Stored items from a collection:
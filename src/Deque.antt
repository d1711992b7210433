-- ===== src/Deque.antt =====
-- internal/datastructure/deque.go: the list value, a slice of strings. A method that changes the
-- deque returns the new one. A slice expression out of range panics, which is `none` here.
pub mod Range
pub mod Ends
mod Tests
use simis.Prelude.{ℕ, ◌-◌, Text, List, [], ◌∷◌, ◌++◌, Option, none, some, ◌&&◌, ◌==◌}
use simis.Prelude.{length, take, drop, if◌then◌else◌}
use simis.Prelude.Int.{ℤ, pos, negsuc, ◌+ℤ◌, pos_part, ltb_ℤ, leb_ℤ, min_ℤ, max_ℤ}

pub record Deque : Type 0 where
  pub items : List Text

abbrev pub new_deque : Deque
new_deque = record { items = [] }

-- `s[lo:hi]`, which panics unless 0 <= lo <= hi <= len(s). (Go admits `hi` up to the capacity;
-- no caller passes more than the length.)
unfoldable pub slice {ℓ} : {A : Type ℓ} → ℤ → ℤ → List A → Option (List A)
slice lo hi xs =
    if leb_ℤ (pos 0) lo && leb_ℤ lo hi && leb_ℤ hi (pos (length xs))
    then some (take (pos_part hi - pos_part lo) (drop (pos_part lo) xs))
    else none

unfoldable pub push_front : List Text → Deque → Deque × ℕ
push_front xs d = let all = xs ++ d.items in (record { items = all }, length all)

unfoldable pub push_back : List Text → Deque → Deque × ℕ
push_back xs d = let all = d.items ++ xs in (record { items = all }, length all)

pop_first : List Text → Option Text × Deque
pop_first [] = (none, record { items = [] })
pop_first (x ∷ xs) = (some x, record { items = xs })

-- `none` for `"", false`
unfoldable pub pop_front : Deque → Option Text × Deque
unfolding pop_first
pop_front d = pop_first d.items

pop_last : List Text → Option Text × List Text
pop_last [] = (none, [])
pop_last (x ∷ []) = (some x, [])
pop_last (x ∷ y ∷ xs) = let (last, front) = pop_last (y ∷ xs) in (last, x ∷ front)

unfoldable pub pop_back : Deque → Option Text × Deque
unfolding pop_last
pop_back d = let (last, front) = pop_last d.items in (last, record { items = front })

-- A negative `n` panics in `d.data[:n]`.
unfoldable pub pop_n_front : ℤ → Deque → Option ((List Text × ℤ) × Deque)
unfolding slice
pop_n_front n d =
    let len = pos (length d.items) in
    let n' = if ltb_ℤ len n then len else n in
    elim (slice (pos 0) n' d.items) [
      | none ↦ none
      | some values ↦ some ((values, n'), record { items = drop (pos_part n') d.items })
    ]

-- An index counted from the back if it is negative, held within 0 and n - 1.
unfoldable pub clamp_index : ℤ → ℕ → ℤ
clamp_index i n =
    let i' = if ltb_ℤ i (pos 0) then pos n +ℤ i else i in
    max_ℤ (pos 0) (min_ℤ i' (pos n +ℤ negsuc 0))

unfoldable pub lrange : ℤ → ℤ → Deque → Option (List Text)
lrange left right d =
    let n = length d.items in
    if n == 0
    then some []
    else let right' = clamp_index right n in
      let left' = clamp_index left n in
      if ltb_ℤ right' left' then some [] else slice left' (right' +ℤ pos 1) d.items

unfoldable pub len : Deque → ℕ
len d = length d.items

unfoldable pub clear : Deque → Deque
clear d = record { items = [] }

_Exercise directions_
Your answer must be the count of lines in the data that contain "take", with no added words.

_Output for this exercise_
2